# Problem description
Please copy each line of the records below that includes the word "omega".

# Task data
== Segment start ==
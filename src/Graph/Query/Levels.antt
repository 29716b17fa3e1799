-- ===== src/Graph/Query/Levels.antt =====
-- The invariant of the search: the nodes met are those with a level, the frontier is ordered by
-- depth, and a node that has left the frontier has passed its level on.
use mathlib.Core.List.{Memᴰ}
use mathlib.Core.List.Memᴰ
use mathlib.Core.Path.{subst}
use ligp_v.Prelude.{
  ℕ, ◌+◌, ◌≡◌, ◌⊎◌, ◌≤◌, ◌<◌, true, false, Option, none, some, List, [], ◌∷◌, ◌++◌, arith, String,
  contains, is_some, string_eq, eq_iff, ap, sym, leb, inl, inr, Option-cases, Bool-cases,
}
use ligp_v.Graph.Store.{Edge, GraphStore}
use ligp_v.Graph.Query.{Search, out_edges, follows, offer, scan, round}
use ligp_v.Graph.Query.Walks.{Link, level, level-offer}
use ligp_v.Graph.Query.Offers.{
  Ordered, Ordered-append, Ordered-mono, news, frontier-offer, contains-offer,
}

module _ {W : Type 0} (g : GraphStore W) (relation : Option String) (max_hops : ℕ)
    (src : String) where
  -- A node at a depth below the limit has passed its level on.
  abbrev pub Done : Search W → String → ℕ → Type 0
  Done s v d =
      d < max_hops
      → (w : String) → Link g relation v w
      → (d' : ℕ) × (level src s w ≡ some d') × (d' ≤ d + 1)

  -- The entry that has left the frontier, if any, stands in `taken`.
  pub record Inv (taken : List (String × ℕ)) (lo : ℕ) (s : Search W) : Type 0 where
    pub seen : (v : String) → contains s.visited v ≡ is_some (level src s v)
    pub bounded : (v : String) (d : ℕ) → level src s v ≡ some d → d ≤ lo + 1
    pub ordered : Ordered lo (lo + 1) s.frontier
    pub closed :
        (v : String) (d : ℕ)
        → level src s v ≡ some d
        → Memᴰ (v, d) (taken ++ s.frontier) ⊎ Done s v d

  level-offer_old :
      (depth : ℕ) (e : Edge W) (s : Search W) (v : String) (d : ℕ)
      → level src s v ≡ some d
      → level src (offer relation depth e s) v ≡ some d
  level-offer_old depth e s v d h = ground (arith, level-offer src relation depth e s v)

  level-offer_target :
      (depth : ℕ) (e : Edge W) (s : Search W)
      → ((v : String) (d : ℕ) → level src s v ≡ some d → d ≤ depth + 1)
      → follows relation e ≡ true
      → (d' : ℕ) × (level src (offer relation depth e s) e.to_node ≡ some d') × (d' ≤ depth + 1)
  level-offer_target depth e s bounded h = elim (Option-cases (level src s e.to_node)) [
    | inl new ↦ (
      depth + 1,
      ground (arith, level-offer src relation depth e s e.to_node, eq_iff e.to_node e.to_node),
      omega arith,
    )
    | inr (d, old) ↦ (d, level-offer_old depth e s e.to_node d old, bounded e.to_node d old)
  ]

  Done-offer :
      (depth : ℕ) (e : Edge W) (s : Search W) (v : String) (d : ℕ)
      → Done s v d
      → Done (offer relation depth e s) v d
  Done-offer depth e s v d done below w l =
      let (d', at, h) = done below w l in (d', level-offer_old depth e s w d' at, h)

  frontier_keeps :
      (depth : ℕ) (e : Edge W) (s : Search W) (p : String × ℕ)
      → Memᴰ p s.frontier
      → Memᴰ p (offer relation depth e s).frontier
  frontier_keeps depth e s p m = elim (Bool-cases (news relation e s)) [
    | inl hit ↦
        rw (frontier-offer relation depth e s, hit)
          (Memᴰ.append_left ((e.to_node, depth + 1) ∷ []) m)
    | inr miss ↦ rw (frontier-offer relation depth e s, miss) m
  ]

  queued-offer :
      (depth : ℕ) (e : Edge W) (s : Search W) (taken : List (String × ℕ)) (p : String × ℕ)
      → Memᴰ p (taken ++ s.frontier)
      → Memᴰ p (taken ++ (offer relation depth e s).frontier)
  queued-offer depth e s taken p m = elim (Memᴰ.append_cases taken m) [
    | inl there ↦ Memᴰ.append_left (offer relation depth e s).frontier there
    | inr queued ↦ Memᴰ.append_right taken (frontier_keeps depth e s p queued)
  ]

  gained :
      (depth : ℕ) (e : Edge W) (s : Search W) (v : String) (d : ℕ)
      → level src s v ≡ none
      → level src (offer relation depth e s) v ≡ some d
      → (follows relation e ≡ true) × (e.to_node ≡ v) × (d ≡ depth + 1)
  gained depth e s v d new h =
      ground (arith, level-offer src relation depth e s v, eq_iff e.to_node v)

  Ordered-offer :
      (depth : ℕ) (e : Edge W) (s : Search W)
      → Ordered depth (depth + 1) s.frontier
      → Ordered depth (depth + 1) (offer relation depth e s).frontier
  Ordered-offer depth e s h = elim (Bool-cases (news relation e s)) [
    | inl hit ↦
        rw (frontier-offer relation depth e s, hit)
          (Ordered-append depth (depth + 1) s.frontier e.to_node (omega arith) h)
    | inr miss ↦ rw (frontier-offer relation depth e s, miss) h
  ]

  -- A node that gets a level is queued with it.
  frontier_gains :
      (depth : ℕ) (e : Edge W) (s : Search W) (v : String) (d : ℕ)
      → contains s.visited v ≡ is_some (level src s v)
      → level src s v ≡ none
      → level src (offer relation depth e s) v ≡ some d
      → Memᴰ (v, d) (offer relation depth e s).frontier
  frontier_gains depth e s v d seen new h =
      let (hit, at, d_eq) = gained depth e s v d new h in
      let unseen : contains s.visited e.to_node ≡ false = rw at (rw new at seen) in
      let queued : news relation e s ≡ true = ground (arith, hit, unseen) in
      let same : (v, d) ≡ (e.to_node, depth + 1) = cc in
      rw (frontier-offer relation depth e s, queued) (Memᴰ.append_right s.frontier (Memᴰ.head same))

  pub Inv-offer :
      (taken : List (String × ℕ)) (depth : ℕ) (e : Edge W) (s : Search W)
      → Inv taken depth s
      → Inv taken depth (offer relation depth e s)
  Inv-offer taken depth e s i = record {
    seen = λ v. ground (
      arith,
      contains-offer relation depth e s v,
      level-offer src relation depth e s v,
      i.seen v,
    );
    bounded = λ v d h. ground (arith, level-offer src relation depth e s v, i.bounded v d);
    ordered = Ordered-offer depth e s i.ordered;
    closed = λ v d h. elim (Option-cases (level src s v)) [
      | inl new ↦ inl (Memᴰ.append_right taken (frontier_gains depth e s v d (i.seen v) new h))
      | inr (d', old) ↦ elim (i.closed v d (ground (arith, level-offer_old depth e s v d' old))) [
        | inl m ↦ inl (queued-offer depth e s taken (v, d) m)
        | inr done ↦ inr (Done-offer depth e s v d done)
      ]
    ];
  }

  Done-scan :
      (depth : ℕ) (es : List (Edge W)) (s : Search W) (v : String) (d : ℕ)
      → Done s v d
      → Done (scan relation depth es s) v d
  unfolding scan
  Done-scan depth [] s v d done = done
  Done-scan depth (e ∷ es) s v d done =
      Done-scan depth es (offer relation depth e s) v d (Done-offer depth e s v d done)

  level-scan_old :
      (depth : ℕ) (es : List (Edge W)) (s : Search W) (v : String) (d : ℕ)
      → level src s v ≡ some d
      → level src (scan relation depth es s) v ≡ some d
  unfolding scan
  level-scan_old depth [] s v d h = h
  level-scan_old depth (e ∷ es) s v d h =
      level-scan_old depth es (offer relation depth e s) v d (level-offer_old depth e s v d h)

  pub Inv-scan :
      (taken : List (String × ℕ)) (depth : ℕ) (es : List (Edge W)) (s : Search W)
      → Inv taken depth s
      → Inv taken depth (scan relation depth es s)
  unfolding scan
  Inv-scan taken depth [] s i = i
  Inv-scan taken depth (e ∷ es) s i =
      Inv-scan taken depth es (offer relation depth e s) (Inv-offer taken depth e s i)

  -- The end of every edge that was followed has a level.
  level-scan_target :
      (taken : List (String × ℕ)) (depth : ℕ) (es : List (Edge W)) (s : Search W) (e : Edge W)
      → Inv taken depth s
      → Memᴰ e es
      → follows relation e ≡ true
      → (d' : ℕ) × (level src (scan relation depth es s) e.to_node ≡ some d') × (d' ≤ depth + 1)
  unfolding scan
  level-scan_target taken depth [] s e i m hit = elim m [ ]
  level-scan_target taken depth (x ∷ es) s e i (Memᴰ.head at) hit =
      let (d, first, h) = level-offer_target depth e s i.bounded hit in
      let now : level src (offer relation depth x s) e.to_node ≡ some d = rw (sym at) first in
      (d, level-scan_old depth es (offer relation depth x s) e.to_node d now, h)
  level-scan_target taken depth (x ∷ es) s e i (Memᴰ.tail m) hit =
      level-scan_target taken depth es (offer relation depth x s) e (Inv-offer taken depth x s i) m
        hit

  -- The entry that was taken has passed its level on.
  settle :
      (depth : ℕ) (u : String) (s : Search W)
      → Inv ((u, depth) ∷ []) depth s
      → Done s u depth
      → Inv [] depth s
  settle depth u s i done = record {
    seen = i.seen;
    bounded = i.bounded;
    ordered = i.ordered;
    closed = λ v d h. elim (i.closed v d h) [
      | inl (Memᴰ.head same) ↦ inr (done_same v d same)
      | inl (Memᴰ.tail m) ↦ inl m
      | inr left ↦ inr left
    ];
  }
    where
      done_same : (v : String) (d : ℕ) → ◌≡◌ {A = String × ℕ} (v, d) (u, depth) → Done s v d
      done_same v d same =
          let node : v ≡ u = ap (λ p. p.0) same in
          let hops : d ≡ depth = ap (λ p. p.1) same in rw (node, hops) done

  take_entry :
      (lo depth : ℕ) (u : String) (rest : List (String × ℕ)) (s : Search W)
      → Inv [] lo s
      → s.frontier ≡ (u, depth) ∷ rest
      → Inv ((u, depth) ∷ []) depth (record s { frontier = rest })
  take_entry lo depth u rest s i at =
      let (low, high, after) : Ordered lo (lo + 1) ((u, depth) ∷ rest) =
        subst (Ordered lo (lo + 1)) at i.ordered in
      record {
        seen = i.seen;
        bounded = λ v d h. omega (arith, i.bounded v d h);
        ordered = Ordered-mono depth (lo + 1) (depth + 1) rest (omega arith) after;
        closed = λ v d h. elim (i.closed v d h) [
          | inl m ↦ inl (subst (λ f. Memᴰ (v, d) f) at m)
          | inr left ↦ inr left
        ];
      }

  -- A round takes an entry from the frontier and passes its level on.
  pub Inv-round :
      (lo depth : ℕ) (u : String) (rest : List (String × ℕ)) (s : Search W)
      → Inv [] lo s
      → s.frontier ≡ (u, depth) ∷ rest
      → Inv [] depth (round relation max_hops g u depth (record s { frontier = rest }))
  unfolding round
  Inv-round lo depth u rest s i at =
      let taken = take_entry lo depth u rest s i at in
      elim (Bool-cases (leb max_hops depth)) [
        | inl last ↦ rw last (
            settle depth u (record s { frontier = rest }) taken
              (λ below w l. absurd (ground arith)))
        | inr inner ↦ rw inner (
            settle depth u (scan relation depth (out_edges u g) (record s { frontier = rest }))
              (Inv-scan ((u, depth) ∷ []) depth (out_edges u g) (record s { frontier = rest })
                taken)
              (λ below w (e, m, hit, to). rw (sym to) (
                level-scan_target ((u, depth) ∷ []) depth (out_edges u g)
                  (record s { frontier = rest }) e taken m hit)))
      ]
== Segment end ==
# Result for this exercise
      omega arith,
          (Ordered-append depth (depth + 1) s.frontier e.to_node (omega arith) h)
        bounded = λ v d h. omega (arith, i.bounded v d h);
        ordered = Ordered-mono depth (lo + 1) (depth + 1) rest (omega arith) after;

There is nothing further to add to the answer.